Never read anything in Aufheben before, seems very good.

(the bit about the minibus was shit tbf)
 
I'll bite...
  • Beano - general anti-authoritarian themes, especially from Leo Baxendale's characters, though often Davey Law's Dennis was cooler
  • Crisis - ‘3WW’ and its chronologies pointed me in the direction of all sorts of groups, books, ideas and people
  • Warrior - I came to it in the late 1980s, but both ‘Marvel Man’ and ‘V For Vendetta’ leaped out and made challenging the status quo seem not just possible but essential
  • Breaking Free - okay, so not a periodical, but fun stuff, and in the back there were addresses for a bunch of anarcho/lefty groups, which is how I got into...
  • Class War - I may have come to it after its 80s heyday, but even in the early 90s it was still exciting and provocative and funny and I ended up doing bulk orders and selling it round school
  • Green Anarchist - non-whiney environmentalism (more the diaries of than the interminably long articles)
  • Arnie - I must admit the big draw was Arnie's mum
  • Living Marxism - I was influenced not so much by the politics of the actual magazine or the RCP, but by interacting with the group's members up close; it taught me a lot about arseholes (and the power of the relentless argument)
  • Eat Shit - made Bristol sound awesome and politically interesting
  • Weekly Worker - the Heat of lefty gossip
  • Do Or Die - enjoyed the intersection of anti-capitalism and green stuff; less tedious than the ACF, less fruitcake than GA.
  • Culture Vulture - I was lucky enough to be picking Marc's brains at just the time he was first brewing up his idea of CV and its melding together of sometimes complex anti-capitalist critiques with often very simple visuals, and was hooked once the zine and its off-shoot ‘little books’ came out
  • Squall - conscious raver-traveller mash-up of SchNEWSy titbits and in-depth long-form investigations which mostly (MOSTLY!) stayed the sane side of conspiracy
  • Lobster - did somebody mention ‘conspiracy’? I meant parapolitics! I first heard about Lobster in Crisis, but only started reading it regularly in the solo Ramsay years, though in more recent times I've dug out plenty of the ones co-edited by Dorril.

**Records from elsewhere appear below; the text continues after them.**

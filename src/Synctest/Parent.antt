-- ===== src/Synctest/Parent.antt =====
-- `doit` and the options of `main`: the children that the parent starts, their directories, and the
-- loop that waits for them.
use testunion.Common.{
  ℕ, zero, suc, ◌+◌, ◌-◌, ◌/◌, ◌%◌, List, [], ◌∷◌, Bool, if◌then◌else◌, ◌==◌, set,
}

-- What the parent does: the `mkdir` of `make_dir`, the fork of a child, the `rmdir` of `remove_dir`,
-- whose answer is not looked at.
pub data Action : Type 0 where
  make_dir : ℕ → Action
  start_child : ℕ → ℕ → Action
  remove_dir : ℕ → Action

-- The loop that forks child `this_child_index` in directory `thread_group`. `groups` is
-- `thread_group + 1`, which counts the directories made. `mkdir` tells for each directory whether it
-- is made; where it is not, `exit(1)` ends the loop.
module _ (threads_per_dir : ℕ) (mkdir : ℕ → Bool) where
  unfoldable pub start_from : ℕ → ℕ → ℕ → List Action
  start_from this_child_index groups zero = []
  start_from this_child_index groups (suc left) =
      let in_new = start_from (this_child_index + 1) (groups + 1) left in
      let in_old = start_from (this_child_index + 1) groups left in
      if this_child_index % threads_per_dir == 0
      then (if mkdir groups
          then make_dir groups ∷ start_child this_child_index groups ∷ in_new
          else [])
      else start_child this_child_index (groups - 1) ∷ in_old

-- The last loop of `doit`, from `thread_group` on.
unfoldable pub remove_from : ℕ → ℕ → List Action
remove_from thread_group zero = []
remove_from thread_group (suc left) = remove_dir thread_group ∷ remove_from (thread_group + 1) left

unfoldable pub remove_dirs : ℕ → ℕ → List Action
remove_dirs n_threads threads_per_dir = remove_from 0 (n_threads / threads_per_dir)

-- The parent while it waits: the shared `child_status`, `children_left`, and the stars printed.
pub record Parent : Type 0 where
  pub child_status : List ℕ
  pub children_left : ℕ
  pub stars : ℕ

abbrev pub parent : List ℕ → ℕ → ℕ → Parent
parent statuses left stars = record { child_status = statuses; children_left = left; stars = stars }

-- The `for` loop after each `wait3`: every status 1 becomes 2.
unfoldable pub scan : List ℕ → ℕ → ℕ → Parent
scan [] children_left stars = parent [] children_left stars
scan (s ∷ rest) children_left stars =
    let one = scan rest (children_left - 1) (stars + 1) in
    let other = scan rest children_left stars in
    if s == 1
    then parent (2 ∷ one.child_status) one.children_left one.stars
    else parent (s ∷ other.child_status) other.children_left other.stars

abbrev pub unstarted : ℕ → List ℕ
unstarted zero = []
unstarted (suc n) = 0 ∷ unstarted n

-- The parent after `memset` and the forks.
unfoldable pub first_parent : ℕ → Parent
first_parent n_threads = parent (unstarted n_threads) n_threads 0

-- How `wait3` returns, and what the children do meanwhile: `finish i` is the store of child `i`
-- before its `exit(0)`.
pub data Event : Type 0 where
  finish : ℕ → Event
  reaped interrupted wait_error : Event

pub data Wait : Type 0 where
  finished : Parent → Wait
  waiting : Parent → Wait
  failed : Parent → Wait

-- The loop `while (children_left)` along the events: `waiting` where they end before the loop does.
unfoldable pub wait_loop : List Event → Parent → Wait
wait_loop [] p = if p.children_left == 0 then finished p else waiting p
wait_loop (finish i ∷ events) p =
    let rest = wait_loop events (parent (set p.child_status i 1) p.children_left p.stars) in
    if p.children_left == 0 then finished p else rest
wait_loop (reaped ∷ events) p =
    let rest = wait_loop events (scan p.child_status p.children_left p.stars) in
    if p.children_left == 0 then finished p else rest
wait_loop (interrupted ∷ events) p =
    let rest = wait_loop events p in if p.children_left == 0 then finished p else rest
wait_loop (wait_error ∷ events) p = if p.children_left == 0 then finished p else failed p
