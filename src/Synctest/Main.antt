-- ===== src/Synctest/Main.antt =====
-- `main` of synctest.c: the options, and `doit` from the mapping to the removal of the directories.
use testunion.Common.{
  ℕ, zero, suc, ◌+◌, ◌-◌, ◌*◌, ◌%◌, ◌^◌, List, [], Bool, true, false, not, if◌then◌else◌, ◌==◌, ltb,
  Option, none, some, ℤ, pos, negsuc, word64, u64,
}
use testunion.Common.Options.{Text, Opt, fold_options}
use testunion.Synctest.Child.{Call, Run, Settings, first_child, iterations}
use testunion.Synctest.Parent.{
  Action, start_from, remove_dirs, first_parent, Event, finished, waiting, failed, wait_loop,
}

-- The globals that the options set, those of `++` with their count.
pub record Options : Type 0 where
  pub use_fsync : ℕ
  pub fsync_dir : ℕ
  pub use_osync : ℕ
  pub do_unlink : ℕ
  pub verbose : ℕ
  pub n_iters : ℤ
  pub threads_per_dir : ℤ
  pub n_threads : ℤ

abbrev pub defaults : Options
defaults = record {
  use_fsync = 0;
  fsync_dir = 0;
  use_osync = 0;
  do_unlink = 0;
  verbose = 0;
  n_iters = pos 100;
  threads_per_dir = pos 1;
  n_threads = pos 1;
}

-- A `long` in an `int`.
unfoldable pub to_int : ℤ → ℤ
to_int z = let w = word64 z % 2 ^ 32 in if ltb w (2 ^ 31) then pos w else negsuc (2 ^ 32 - 1 - w)

module _ (strtol : Text → ℤ) where
  unfoldable pub set_option : Options → Opt → Option Options
  set_option s o =
      if o.letter == b'f'
      then some (record s { use_fsync = s.use_fsync + 1 })
      else if o.letter == b'F'
      then some (record s { fsync_dir = s.fsync_dir + 1 })
      else if o.letter == b'n'
      then some (record s { n_iters = to_int (strtol o.optarg) })
      else if o.letter == b'o'
      then some (record s { use_osync = s.use_osync + 1 })
      else if o.letter == b'p'
      then some (record s { threads_per_dir = to_int (strtol o.optarg) })
      else if o.letter == b't'
      then some (record s { n_threads = to_int (strtol o.optarg) })
      else if o.letter == b'u'
      then some (record s { do_unlink = s.do_unlink + 1 })
      else if o.letter == b'v'
      then some (record s { verbose = s.verbose + 1 })
      else some s

-- What a child in directory `thread_group` reads of the options, and the child itself, from the fork
-- to its `exit`. A negative number of iterations is none.
unfoldable pub child_settings : Options → ℕ → ℕ → Settings
child_settings o thread_group pid = record {
  use_fsync = not (o.use_fsync == 0);
  use_osync = not (o.use_osync == 0);
  fsync_parent = not (o.fsync_dir == 0);
  do_unlink = not (o.do_unlink == 0);
  thread_group = thread_group;
  pid = pid;
}

unfoldable pub iter_count : ℤ → ℕ
iter_count (pos n) = n
iter_count (negsuc n) = 0

unfoldable pub run_child : (List Call → Call → Bool) → Options → ℕ → ℕ → Run
run_child kernel o thread_group pid =
    iterations kernel (child_settings o thread_group pid) (iter_count o.n_iters) first_child

-- How the parent ends: with a status, by a signal, or not, since it still waits.
pub data Ending : Type 0 where
  exits : ℕ → Ending
  killed still_waits : Ending

-- What the parent does before it waits and afterwards, and its ending.
pub record Done : Type 0 where
  pub started : List Action
  pub removed : List Action
  pub ending : Ending

-- Nothing is removed.
abbrev pub stopped : List Action → Ending → Done
stopped started ending = record { started = started; removed = []; ending = ending }

-- Whether the loop of `start_from` comes to its end: each `mkdir` that it reaches succeeds.
unfoldable pub starts_all : ℕ → (ℕ → Bool) → ℕ → ℕ → ℕ → Bool
starts_all threads_per_dir mkdir this_child_index groups zero = true
starts_all threads_per_dir mkdir this_child_index groups (suc left) =
    let in_new = starts_all threads_per_dir mkdir (this_child_index + 1) (groups + 1) left in
    let in_old = starts_all threads_per_dir mkdir (this_child_index + 1) groups left in
    if this_child_index % threads_per_dir == 0
    then (if mkdir groups then in_new else false)
    else in_old

-- The loop that removes the directories, for a divisor that is not 0.
abbrev pub remove_for : ℕ → ℤ → List Action
remove_for n_threads (pos t) = remove_dirs n_threads t
remove_for n_threads (negsuc t) = []

-- From the loop that waits on.
unfoldable pub wait_and_remove : List Event → List Action → ℕ → ℤ → Done
wait_and_remove events started n_threads threads_per_dir =
    elim (wait_loop events (first_parent n_threads)) [
      | finished p ↦ record {
        started = started;
        removed = remove_for n_threads threads_per_dir;
        ending = exits 0;
      }
      | waiting p ↦ stopped started still_waits
      | failed p ↦ stopped started (exits 1)
    ]

module _ (mmap : ℕ → Bool) (mkdir : ℕ → Bool) (events : List Event) where
  -- After the mapping. A division by 0 is a signal. The rest of a division by a negative number is that
  -- by its opposite.
  unfoldable pub start_and_wait : ℕ → ℤ → Done
  start_and_wait n_threads (pos zero) = stopped [] killed
  start_and_wait n_threads (pos (suc t)) =
      let started = start_from (suc t) mkdir 0 0 n_threads in
      if starts_all (suc t) mkdir 0 0 n_threads
      then wait_and_remove events started n_threads (pos (suc t))
      else stopped started (exits 1)
  start_and_wait n_threads (negsuc t) =
      let started = start_from (t + 1) mkdir 0 0 n_threads in
      if starts_all (t + 1) mkdir 0 0 n_threads
      then wait_and_remove events started n_threads (negsuc t)
      else stopped started (exits 1)

  -- `mmap` is asked for `n_threads * sizeof(int)` bytes. A negative number of threads makes nearly 2^64
  -- of them, over which `memset` cannot go.
  unfoldable pub doit : ℤ → ℤ → Done
  doit n_threads threads_per_dir =
      if not (mmap (u64 (word64 n_threads * 4))) then stopped [] (exits 1) else elim n_threads [
        | pos n ↦ start_and_wait n threads_per_dir
        | negsuc n ↦ stopped [] killed
      ]

  -- `left` arguments follow the options.
  unfoldable pub main : (Text → ℤ) → List Opt → ℕ → Done
  main strtol opts left = elim (fold_options (set_option strtol) opts defaults) [
    | none ↦ stopped [] (exits 1)
    | some o ↦ if not (left == 1) then stopped [] (exits 1) else doit o.n_threads o.threads_per_dir
  ]
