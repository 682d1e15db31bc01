-- ===== src/Synctest/Together.antt =====
-- The children side by side: their calls in any order in which each child makes its own.
use testunion.Common.{
  ℕ, ◌*◌, ◌≤◌, ◌≡◌, ◌≢◌, refl, arith, List, [], ◌∷◌, ◌++◌, Bool, All, All-append, All-split,
  All-mono, All-In, In, inl, inr, length, length-append, sym, ◌∙◌,
}
use testunion.Synctest.Child.{Name, Call}
use testunion.Synctest.History.{
  IsOwn, Does, opens, renames, unlinks, opens_dir, writes, fsyncs, closes, fsyncs_dir, History,
  start, next,
}
use testunion.Synctest.Ends.{limit}
use testunion.Synctest.Beside.{Does-before, Does-after}

abbrev IsMine : ℕ → List Name → Type 0
IsMine pid names = All (λ m. m.pid ≡ pid) names

-- The files of a process stay its own.
Does-IsMine :
    (pid : ℕ) (c : Call) (a b : List Name) → IsOwn pid c → Does c a b → IsMine pid a → IsMine pid b
Does-IsMine pid _ _ _ own (opens n sync xs ys l r) h =
    let (left, right) = All-split _ xs ys h in All-append _ xs (n ∷ ys) left (own, right)
Does-IsMine pid _ _ _ own (renames from to xs ys l r) h =
    let (left, right) = All-split _ xs (from ∷ ys) h in
    All-append _ xs (to ∷ ys) left (own.1, right.1)
Does-IsMine pid _ _ _ own (unlinks n xs ys) h =
    let (left, right) = All-split _ xs (n ∷ ys) h in All-append _ xs ys left right.1
Does-IsMine pid _ _ _ own (opens_dir g names) h = h
Does-IsMine pid _ _ _ own (writes n names le) h = h
Does-IsMine pid _ _ _ own (fsyncs names) h = h
Does-IsMine pid _ _ _ own (closes names) h = h
Does-IsMine pid _ _ _ own (fsyncs_dir names) h = h

module _ {kernel : List Call → Call → Bool} {pid : ℕ} where
  History-IsMine :
      {calls : List Call} {names : List Name}
      → History kernel pid limit calls names
      → IsMine pid names
  History-IsMine start = tt
  History-IsMine (next calls call names names' succeeds own h does fits) =
      Does-IsMine pid call names names' own does (History-IsMine h)

  History-fits :
      {calls : List Call} {names : List Name}
      → History kernel pid limit calls names
      → length names ≤ limit
  History-fits start = omega arith
  History-fits (next calls call names names' succeeds own h does fits) = fits

  History-none :
      (calls : List Call) {names : List Name}
      → calls ≡ []
      → History kernel pid limit calls names
      → names ≡ []
  History-none [] e start = refl
  History-none (c ∷ calls) e h = absurd (cc)

-- One of the traces, the latest call first, loses its latest call.
pub data Pick : List (List Call) → Call → List (List Call) → Type 0 where
  here :
      (c : Call) (calls : List Call) (others : List (List Call))
      → Pick ((c ∷ calls) ∷ others) c (calls ∷ others)
  there :
      (c : Call) (calls : List Call) (others others' : List (List Call))
      → Pick others c others'
      → Pick (calls ∷ others) c (calls ∷ others')

-- The calls, the latest first, are those of the traces, each trace in its own order.
pub data Merge : List (List Call) → List Call → Type 0 where
  none_left : (traces : List (List Call)) → All (λ calls. calls ≡ []) traces → Merge traces []
  latest :
      (traces traces' : List (List Call)) (c : Call) (calls : List Call)
      → Pick traces c traces'
      → Merge traces' calls
      → Merge traces (c ∷ calls)

-- The calls lead from no file to these, with at most so many at any time.
pub data Leads (most : ℕ) : List Call → List Name → Type 0 where
  no_calls : Leads most [] []
  call_next :
      (calls : List Call) (c : Call) (names names' : List Name)
      → Leads most calls names
      → Does c names names'
      → length names' ≤ most
      → Leads most (c ∷ calls) names'

-- Processes with these numbers, all different, have these traces and files.
pub data Family : List ℕ → List (List Call) → List Name → Type 0 where
  nobody : Family [] [] []
  member :
      (kernel : List Call → Call → Bool) (pid : ℕ) (calls : List Call) (mine : List Name)
      (pids : List ℕ) (traces : List (List Call)) (names : List Name)
      → History kernel pid limit calls mine
      → All (λ q. q ≢ pid) pids
      → Family pids traces names
      → Family (pid ∷ pids) (calls ∷ traces) (mine ++ names)

Family-pids :
    {pids : List ℕ} {traces : List (List Call)} {names : List Name}
    → Family pids traces names
    → All (λ m. In m.pid pids) names
Family-pids nobody = tt
Family-pids (member kernel pid calls mine pids traces names h other fam) =
    All-append _ mine names (All-mono _ _ mine (λ m e. inl (sym e)) (History-IsMine h))
      (All-mono _ _ names (λ m i. inr i) (Family-pids fam))

Family-fits :
    {pids : List ℕ} {traces : List (List Call)} {names : List Name}
    → Family pids traces names
    → length names ≤ length pids * limit
Family-fits nobody = omega arith
Family-fits (member kernel pid calls mine pids traces names h other fam) =
    omega (arith, History-fits h, Family-fits fam, length-append mine names)

Family-none :
    {pids : List ℕ} {traces : List (List Call)} {names : List Name}
    → All (λ calls. calls ≡ []) traces
    → Family pids traces names
    → names ≡ []
Family-none e nobody = refl
Family-none e (member kernel pid calls mine pids traces names h other fam) =
    rw (History-none calls e.0 h) (Family-none e.1 fam)

-- Before its latest call a process had other files, and nobody else's files were touched.
Family-Pick :
    {pids : List ℕ} {traces traces' : List (List Call)} {c : Call} {names : List Name}
    → Pick traces c traces'
    → Family pids traces names
    → (before : List Name) × Family pids traces' before
      × Does c before names
      × ((q : ℕ) × In q pids × IsOwn q c)
Family-Pick (here c calls others)
      (member kernel pid _ mine pids _ names (next _ _ old _ succeeds own h does fits) other fam) =
    let foreign =
      All-mono _ _ names (λ m i e. All-In (λ q. q ≢ pid) pids other i e) (Family-pids fam) in
    (
      old ++ names,
      member kernel pid calls old pids others names h other fam,
      Does-after pid c old mine names own foreign does,
      (pid, inl refl, own),
    )
Family-Pick (there c calls others others' pick)
      (member kernel pid _ mine pids _ names h other fam) =
    let (before, fam', does, (q, i, own)) = Family-Pick pick fam in
    let apart : q ≢ pid = All-In (λ q. q ≢ pid) pids other i in
    (
      mine ++ before,
      member kernel pid calls mine pids others' before h other fam',
      Does-before q c before names mine own
          (All-mono _ _ mine (λ m e d. apart (sym d ∙ e)) (History-IsMine h)) does,
      (q, inr i, own),
    )

pub Merge-Leads :
    {pids : List ℕ} {traces : List (List Call)} {calls : List Call} {names : List Name}
    → Merge traces calls
    → Family pids traces names
    → Leads (length pids * limit) calls names
Merge-Leads (none_left traces e) fam = rw (Family-none e fam) no_calls
Merge-Leads (latest traces traces' c calls pick rest) fam =
    let (before, fam', does, owner) = Family-Pick pick fam in
    call_next calls c before _ (Merge-Leads rest fam') does (Family-fits fam)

  • Year Zero - Adam Porter's valiant attempt at a tabloid newspaper (think Class War for the RTS generation) which reflected a serious but not po-faced or sectarian interest in the politics of resistance to globalised capital and pervasive liberal democracy; in the end it was filled a little too much with Pilger and Chomsky and Klein, and began to be undercut by the opportunities the web provided to journalists and activists working at the margins, but still some had some great reportage
  • Covert Action Quarterly - along with lots from South End Press a preferred rabbit hole full of spooks and School of the Americas and Operation Condor and Plan Colombia and COINTELPRO and the rest
  • CounterPunch - Cockburn and St Clair's The Week-inspired muckraker was a welcome regular treat through the letter box
  • The Bristolian - proudly pro-working class and cheerfully lumpen, a great local scandal sheet that shits on municipal politicos of all hues, and despite the angry denials of those targeted (mainly for incompetence, crookedness or being venal, snatching, greedy bastards) has essentially never published a story it couldn't stand up, thanks to a solid network of sources throughout the city; dozens of its investigations and stories have been stolen wholesale (and without attribution) by the ‘proper’ media, too
Year Zero! That was good stuff. He used to post on here didn't he.